Dr. Kafare holds an M.E. degree in Electronics and Telecommunication, as well as a B.E. in Electronics. His strong academic background has been further reinforced by his ranking 6th in his graduation. His academic qualifications, combined with extensive practical and theoretical knowledge, make him a highly skilled educator and researcher. His ongoing Ph.D. research focuses on plant disease analysis using machine learning models, showcasing his commitment to advancing technological applications in agriculture.

Experience

Having joined STES on September 7, 2022, Dr. Kafare brings with him a wealth of experience in academia and industry. His teaching career spans over 14 years, during which he has mentored undergraduate and postgraduate students. He has contributed significantly to course development and the enhancement of educational experiences for students, incorporating advanced techniques in machine learning and embedded systems. Additionally, Dr. Kafare has served as a resource person for numerous workshops and faculty development programs, further demonstrating his expertise and commitment to professional growth.

Research Interests

Dr. Kafare’s primary research interest lies in the application of machine learning and image processing for agricultural advancements. His Ph.D. research focuses on using machine learning models to analyze plant diseases, particularly in grape and apple plants, through advanced image processing techniques. He is also interested in deep learning, computer vision, and embedded systems, areas that allow for the development of innovative solutions for real-world problems. Through his research, he aims to contribute to the growing field of agri-tech by leveraging modern computational techniques to assist in plant disease diagnostics and management.

Awards

Dr. Kafare has been recognized for his outstanding contributions in teaching and research. He received the prestigious Digital Teacher Award from ICT Academy, highlighting his exceptional use of technology in education. Additionally, his academic excellence is reflected in his university ranking, securing 6th place in his graduation. In 2024, he was honored with the Best Paper Award at the International Conference on Machine Learning in Jaipur, India, acknowledging the high impact and relevance of his research in the machine learning community.

Publications

Dr. Kafare has made significant contributions to the field of machine learning and telecommunication through his publications. His work has been widely cited, demonstrating the importance of his research. Below is a list of selected publications:

Kafare, T.V. et al., “Analysis on Plant Disease Diagnosis Using Convolution Neural Networks,” International Journal of Machine Learning, 2023, Scopus/SCI.
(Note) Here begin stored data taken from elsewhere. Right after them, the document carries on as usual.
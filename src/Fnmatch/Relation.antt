-- ===== src/Fnmatch/Relation.antt =====
-- What the tokens of a pattern stand for, as a relation that `matches` decides.
use greenwave.Prelude.{
  ℕ, ◌≡◌, refl, subst, sym, ap, inl, inr, Bool, true, List, [], ◌∷◌, ◌++◌, arith, nat_eq, ==_iff,
  Bool-cases,
}
use greenwave.Fnmatch.{Token, star, any_char, lit, one_of, in_class, matches}

pub data Matches : List Token → List ℕ → Type 0 where
  done : Matches [] []
  -- `*` stands for any text, the empty one too.
  text_of_star :
      {ts : List Token} {s : List ℕ} (before rest : List ℕ)
      → s ≡ before ++ rest
      → Matches ts rest
      → Matches (star ∷ ts) s
  any_one : {ts : List Token} {s : List ℕ} (c : ℕ) → Matches ts s → Matches (any_char ∷ ts) (c ∷ s)
  same_one :
      {ts : List Token} {s : List ℕ} (c d : ℕ) → c ≡ d → Matches ts s → Matches (lit d ∷ ts) (c ∷ s)
  listed_one :
      {ts : List Token} {s : List ℕ} (c : ℕ) (negated : Bool) (ranges : List (ℕ × ℕ))
      → in_class c negated ranges ≡ true
      → Matches ts s
      → Matches (one_of negated ranges ∷ ts) (c ∷ s)

star-cons :
    {ts : List Token} {s : List ℕ} (c : ℕ) → Matches (star ∷ ts) s → Matches (star ∷ ts) (c ∷ s)
star-cons c (text_of_star before rest e m) = text_of_star (c ∷ before) rest (ap (◌∷◌ c) e) m

pub matches→Matches : (ts : List Token) (s : List ℕ) → matches ts s ≡ true → Matches ts s
unfolding matches
matches→Matches [] [] h = done
matches→Matches [] (c ∷ s) h = absurd (ground arith)
matches→Matches (star ∷ ts) [] h = text_of_star [] [] refl (matches→Matches ts [] h)
matches→Matches (star ∷ ts) (c ∷ s) h = elim (Bool-cases (matches ts (c ∷ s))) [
  | inl now ↦ text_of_star [] (c ∷ s) refl (matches→Matches ts (c ∷ s) now)
  | inr later ↦ star-cons c (matches→Matches (star ∷ ts) s (ground arith))
]
matches→Matches (any_char ∷ ts) [] h = absurd (ground arith)
matches→Matches (any_char ∷ ts) (c ∷ s) h = any_one c (matches→Matches ts s h)
matches→Matches (lit d ∷ ts) [] h = absurd (ground arith)
matches→Matches (lit d ∷ ts) (c ∷ s) h =
    same_one c d (ground (arith, ==_iff c d)) (matches→Matches ts s (ground arith))
matches→Matches (one_of negated ranges ∷ ts) [] h = absurd (ground arith)
matches→Matches (one_of negated ranges ∷ ts) (c ∷ s) h =
    listed_one c negated ranges (ground arith) (matches→Matches ts s (ground arith))

matches_star :
    (ts : List Token) (before rest : List ℕ)
    → matches ts rest ≡ true
    → matches (star ∷ ts) (before ++ rest) ≡ true
unfolding matches
matches_star ts [] [] h = h
matches_star ts [] (c ∷ rest) h = ground arith
matches_star ts (c ∷ before) rest h = ground (arith, matches_star ts before rest h)

pub Matches→matches : {ts : List Token} {s : List ℕ} → Matches ts s → matches ts s ≡ true
unfolding matches
Matches→matches done = refl
Matches→matches (text_of_star {ts = ts} before rest e m) =
    subst (λ s. matches (star ∷ ts) s ≡ true) (sym e)
      (matches_star ts before rest (Matches→matches m))
Matches→matches (any_one c m) = Matches→matches m
Matches→matches (same_one c d e m) = ground (arith, ==_iff c d, Matches→matches m)
Matches→matches (listed_one c negated ranges h m) = ground (arith, Matches→matches m)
Kafare, T.V. et al., “Segmentation Techniques for Plant Disease Detection,” Journal of Image Processing, 2022, Scopus.

Kafare, T.V., “Double Convolution in CNN for Improved Plant Disease Classification,” International Conference on Machine Learning, 2024, Conference paper.
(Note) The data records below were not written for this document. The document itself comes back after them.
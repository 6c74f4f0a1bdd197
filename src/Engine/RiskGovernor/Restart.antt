-- ===== src/Engine/RiskGovernor/Restart.antt =====
-- A new governor over what the store keeps of another.
use systematic_trading_valid.Common.{
  List, Option, [], ap, false, inl, inr, nat_eq, none, pair_eq, refl, some, sym, true, ◌∷◌, ◌≡◌,
}
use systematic_trading_valid.Common.Int.{int_laws, max_ℤ, pos, ℤ, ◌≤ℤ◌}
use systematic_trading_valid.Common.Text.{Text, text_eq}
use systematic_trading_valid.Common.Dict.{Dict}
use systematic_trading_valid.Engine.RiskGovernor.{Governor, new_governor}
use systematic_trading_valid.Engine.RiskGovernor.Evaluate.{Leg, evaluate, ratcheted}
use systematic_trading_valid.Engine.RiskGovernor.Rehydrate.{
  PersistedRow, RiskPayload, rehydrate_risk_state, rehydrate_rows, restore_rows,
  serialize_risk_state,
}
use systematic_trading_valid.Engine.RiskGovernor.Store.{
  load_portfolio_risk_state, payload_of, persist_portfolio_risk_state, stored_state,
}
use systematic_trading_valid.Engine.RiskGovernor.HighWater.{
  ArePeaked, Cycle, evaluate-ArePeaked, new-ArePeaked, ratcheted-ArePeaked, run_cycles,
}
use systematic_trading_valid.Engine.RiskGovernor.Alike.{Alike, SameState, score_legs-Alike}
use systematic_trading_valid.Engine.RiskGovernor.Reread.{
  reread, reread-ArePeaked, reread-SameState, stamp_persisted, stamped-ArePeaked, stamped-SameState,
  without_high_water,
}

module _ (correlation : List ℤ → List ℤ → ℤ) where
  evaluate-Alike :
      (g h : Governor) (ls : List Leg) (q : ℤ)
      → ArePeaked g
      → ArePeaked h
      → SameState g h
      → SameState (evaluate correlation g ls q).0 (evaluate correlation h ls q).0
        × ((evaluate correlation g ls q).1 ≡ (evaluate correlation h ls q).1)
  unfolding evaluate
  evaluate-Alike g h ls q i j e =
      let started : Alike (record { governor = ratcheted g q; drawdowns = []; exit_only = [] })
          (record { governor = ratcheted h q; drawdowns = []; exit_only = [] }) =
        record {
          peaked_left = ratcheted-ArePeaked correlation g q i;
          peaked_right = ratcheted-ArePeaked correlation h q j;
          state = record {
            broker = ap (λ b. max_ℤ b q) e.broker;
            peaks = e.peaks;
            drawdowns = e.drawdowns;
            exits = e.exits;
          };
          scores = refl;
          exit_ids = refl;
        } in
      let a = score_legs-Alike ls _ _ started in (a.state, simp (a.scores, a.exit_ids))

-- The payload that the store gives back after a governor's state was persisted
abbrev pub after_store : Governor → Option RiskPayload
after_store g = load_portfolio_risk_state (persist_portfolio_risk_state (serialize_risk_state g))

absurd_flag {ℓ} : {A : Type ℓ} → true ≡ false → A
absurd_flag e = cc

kept-ArePeaked : (g : Governor) → ArePeaked g → ArePeaked (without_high_water g)
kept-ArePeaked g i s = record { above_zero = (i s).above_zero; above_history = (i s).above_history }

module _ (payload_fingerprint : RiskPayload → Text) where
  accepted_rows :
      (rows : Dict Text PersistedRow)
      → (rehydrate_rows payload_fingerprint rows new_governor (some (payload_of rows)) []).1 ≡ true
      → (t : Text) × ((rehydrate_rows payload_fingerprint rows new_governor
            (some (payload_of rows))
            []).0
          ≡ stamp_persisted t (restore_rows rows new_governor))
  accepted_rows [] h = cc
  accepted_rows ((s, r) ∷ rows) h =
      (payload_fingerprint (serialize_risk_state (restore_rows ((s, r) ∷ rows) new_governor)), refl)

  accepted_payload :
      (rows : Dict Text PersistedRow) (p : Option RiskPayload)
      → p ≡ some (payload_of rows)
      → (rehydrate_risk_state payload_fingerprint new_governor p []).1 ≡ true
      → (t : Text) × ((rehydrate_risk_state payload_fingerprint new_governor p []).0
          ≡ stamp_persisted t (restore_rows rows new_governor))
  unfolding rehydrate_risk_state
  accepted_payload rows p e h = rw e (accepted_rows rows (rw e at h))

  refused_payload :
      (p : Option RiskPayload)
      → p ≡ none
      → (rehydrate_risk_state payload_fingerprint new_governor p []).1 ≡ true
      → true ≡ false
  unfolding rehydrate_risk_state
  refused_payload p e h = sym (rw e at h)

  rehydrated :
      (g : Governor)
      → (rehydrate_risk_state payload_fingerprint new_governor (after_store g) []).1 ≡ true
      → (t : Text) × ((rehydrate_risk_state payload_fingerprint new_governor (after_store g) []).0
          ≡ stamp_persisted t (reread g))
  rehydrated g h = elim (stored_state g) [
    | inl e ↦ absurd_flag (refused_payload (after_store g) e h)
    | inr e ↦ accepted_payload _ (after_store g) e h
  ]

module _ (correlation : List ℤ → List ℤ → ℤ) where
  run-SameState :
      (g h : Governor) (cs : List Cycle)
      → ArePeaked g
      → ArePeaked h
      → SameState g h
      → ArePeaked (run_cycles correlation g cs)
        × ArePeaked (run_cycles correlation h cs)
        × SameState (run_cycles correlation g cs) (run_cycles correlation h cs)
  unfolding run_cycles
  run-SameState g h [] i j e = (i, j, e)
  run-SameState g h (c ∷ cs) i j e =
      run-SameState (evaluate correlation g c.legs c.broker_equity).0
        (evaluate correlation h c.legs c.broker_equity).0 cs
        (evaluate-ArePeaked correlation g c.legs c.broker_equity i)
        (evaluate-ArePeaked correlation h c.legs c.broker_equity j)
        (evaluate-Alike correlation g h c.legs c.broker_equity i j e).0

  any-ArePeaked : (cs : List Cycle) → ArePeaked (run_cycles correlation new_governor cs)
  any-ArePeaked cs =
      let new = new-ArePeaked correlation in
      (run-SameState new_governor new_governor cs new new
        (record { broker = refl; peaks = λ s. refl; drawdowns = λ s. refl; exits = λ s. refl })).0

  module _ (payload_fingerprint : RiskPayload → Text) where
    -- A governor that has run any cycles, and the one that a new process rehydrates from what the store keeps of
    -- its state, where that is accepted: after any further cycles the verdicts of the new one are those that
    -- the old one would give with its broker high water set back to zero. Peaks, drawdowns and exit-only
    -- legs survive the restart, and the high water, for which the table has no column, does not.
    pub restart_transparent :
        (before after : List Cycle) (legs : List Leg) (equity : ℤ)
        → let g = run_cycles correlation new_governor before in
          let r = rehydrate_risk_state payload_fingerprint new_governor (after_store g) [] in
          r.1 ≡ true
          → (evaluate correlation (run_cycles correlation r.0 after) legs equity).1
            ≡ (evaluate correlation
                (run_cycles correlation (without_high_water g) after)
                legs
                equity).1
    restart_transparent before after legs equity h =
        let g = run_cycles correlation new_governor before in
        let i = any-ArePeaked before in
        let (t, read) = rehydrated payload_fingerprint g h in
        let kept = without_high_water g in
        let same = rw (← read) at (stamped-SameState t (reread g) kept (reread-SameState g)) in
        let peaked = rw (← read) at (stamped-ArePeaked t (reread g) (reread-ArePeaked g i)) in
        let (j, k, e) = run-SameState _ kept after peaked (kept-ArePeaked g i) same in
        (evaluate-Alike correlation _ _ legs equity j k e).1

-- From an equity at the old high water on, the loss of it changes no verdict.
high_water_back :
    (correlation : List ℤ → List ℤ → ℤ) (g : Governor) (legs : List Leg) (equity : ℤ)
    → pos 0 ≤ℤ g.peak_broker_equity
    → g.peak_broker_equity ≤ℤ equity
    → evaluate correlation (without_high_water g) legs equity ≡ evaluate correlation g legs equity
unfolding evaluate
high_water_back correlation g legs equity n h = rw (same_max _ equity n h) refl
  where
    same_max : (p q : ℤ) → pos 0 ≤ℤ p → p ≤ℤ q → max_ℤ (pos 0) q ≡ max_ℤ p q
    same_max p q n h = grind int_laws
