-- ===== src/Engine/RiskGovernor/Examples.antt =====
-- A leg that gives back its profit, over a restart, beside one that is not due.
use systematic_trading_valid.Common.{
  Bool, List, [], contains, false, length, nat_eq, none, pair_eq, refl, some, true, ◌∷◌, ◌≡◌,
}
use systematic_trading_valid.Common.Int.{abs_ℤ, negsuc, pos, ℤ, ◌+ℤ◌, ◌-ℤ◌}
use systematic_trading_valid.Common.Text.{Text, text, text_eq}
use systematic_trading_valid.Common.Dict.{insert, lookup}
use systematic_trading_valid.Engine.RiskGovernor.{Governor, new_governor, peak_of}
use systematic_trading_valid.Engine.RiskGovernor.Evaluate.{
  Leg, carry_leg, compute_drawdown_from_peak, evaluate, measure_leg, resolve_peak, score_legs,
  sizes_of,
}
use systematic_trading_valid.Engine.RiskGovernor.Rehydrate.{
  RiskPayload, rehydrate_risk_state, serialize_risk_state,
}
use systematic_trading_valid.Engine.RiskGovernor.Store.{
  load_portfolio_risk_state, persist_portfolio_risk_state,
}
use systematic_trading_valid.Engine.RiskGovernor.HighWater.{
  Cycle, all_readings, high_water, peak_is_high_water, run_cycles,
}
use systematic_trading_valid.Engine.RiskGovernor.Pairs.{is_correlated}
use systematic_trading_valid.Engine.RiskGovernor.Sizing.{size_of, sizing_exact}
use systematic_trading_valid.Engine.RiskGovernor.Reread.{without_high_water}
use systematic_trading_valid.Engine.RiskGovernor.Restart.{after_store, restart_transparent}

abbrev leg : Text → Bool → ℤ → Leg
leg s due open_profit = record {
  strategy_id = s;
  enabled = true;
  due = due;
  realized = pos 100;
  unrealized = open_profit;
  closes = none;
}

abbrev twenty : List ℤ
twenty =
    let five = λ (l : List ℤ). pos 1 ∷ pos 2 ∷ pos 3 ∷ pos 4 ∷ pos 5 ∷ l in
    five (five (five (five [])))

abbrev alike : List ℤ → List ℤ → ℤ
alike a b = negsuc 8999

abbrev fingerprint : RiskPayload → Text
fingerprint p = length p.strategies ∷ abs_ℤ p.broker_peak ∷ []

abbrev before : List Cycle
before =
    record {
      legs = leg (text "qqq") true (pos 0) ∷ leg (text "btc") true (pos 0) ∷ [];
      broker_equity = pos 1000;
    }
    ∷ record {
      legs = leg (text "qqq") true (negsuc 99) ∷ leg (text "btc") false (pos 0) ∷ [];
      broker_equity = pos 900;
    }
    ∷ []

abbrev governed : Governor
governed = run_cycles alike new_governor before

abbrev next_legs : List Leg
next_legs = leg (text "qqq") false (pos 0) ∷ leg (text "btc") true (pos 0) ∷ []

-- The loss of 100 is a tenth of the high water of 1000.
gives_back :
    (evaluate alike governed next_legs (pos 900)).1.exit_only_strategy_ids ≡ text "qqq" ∷ []
unfolding evaluate run_cycles score_legs measure_leg carry_leg resolve_peak
    compute_drawdown_from_peak sizes_of lookup insert ◌+ℤ◌ ◌-ℤ◌
gives_back = refl

accepted : (rehydrate_risk_state fingerprint new_governor (after_store governed) []).1 ≡ true
unfolding rehydrate_risk_state serialize_risk_state evaluate run_cycles score_legs measure_leg
    carry_leg resolve_peak compute_drawdown_from_peak lookup insert ◌+ℤ◌ ◌-ℤ◌
    persist_portfolio_risk_state load_portfolio_risk_state
accepted = refl

restart_transparent_example :
    (evaluate alike
      (run_cycles alike
        (rehydrate_risk_state fingerprint new_governor (after_store governed) []).0
        before)
      next_legs
      (pos 900)).1
    ≡ (evaluate alike (run_cycles alike (without_high_water governed) before) next_legs (pos 900)).1
restart_transparent_example =
    restart_transparent alike fingerprint before before next_legs (pos 900) accepted

-- A loss of 57 is within six percent of the high water of 1000, and not of the 900 that a restart sees.
abbrev small_loss : List Leg
small_loss = leg (text "btc") true (negsuc 56) ∷ []

kept_on : (evaluate alike governed small_loss (pos 900)).1.exit_only_strategy_ids ≡ []
unfolding evaluate run_cycles score_legs measure_leg carry_leg resolve_peak
    compute_drawdown_from_peak sizes_of lookup insert ◌+ℤ◌ ◌-ℤ◌
kept_on = refl

shut_out_by_restart :
    (evaluate alike (without_high_water governed) small_loss (pos 900)).1.exit_only_strategy_ids
    ≡ text "btc" ∷ []
unfolding evaluate run_cycles score_legs measure_leg carry_leg resolve_peak
    compute_drawdown_from_peak sizes_of lookup insert ◌+ℤ◌ ◌-ℤ◌
shut_out_by_restart = refl

peak_is_high_water_example :
    peak_of governed (text "qqq") ≡ high_water (pos 0) (all_readings alike (text "qqq") before)
peak_is_high_water_example = peak_is_high_water alike (text "qqq") before

-- Two legs that move against each other, and one with too few bars
abbrev with_bars : Text → Leg
with_bars s = record (leg s true (pos 0)) { closes = some twenty }

abbrev three_legs : List Leg
three_legs = with_bars (text "qqq") ∷ leg (text "btc") true (pos 0) ∷ with_bars (text "spy") ∷ []

spy_correlated : is_correlated alike three_legs (text "spy") ≡ true
spy_correlated = refl

sizing_exact_example :
    (size_of (evaluate alike governed three_legs (pos 900)).1.sizing_multipliers (text "spy") ≡ 60)
    × (contains (text "spy") (evaluate alike governed three_legs (pos 900)).1.cold_start_clamped
        ≡ false)
sizing_exact_example =
    sizing_exact alike governed three_legs (pos 900) (text "spy") (refl, (refl, (refl, tt)))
Kafare, T.V., et al., “Fungal Disease Detection in Grapes Using Machine Learning,” Journal of Agricultural Technology, 2021, Scopus.

Conclusion

Dr. Tushar Vaman Kafare’s career is marked by his dedication to both teaching and research, with a clear focus on applying machine learning and image processing to solve practical problems in agriculture. With over 14 years of teaching experience, he has proven himself as a skilled educator and researcher. His ongoing Ph.D. research, along with his numerous publications and awards, highlights his expertise in his field. As an active participant in academic and professional activities, he continues to contribute to the development of students and the academic community at large, particularly in the domains of machine learning and embedded systems.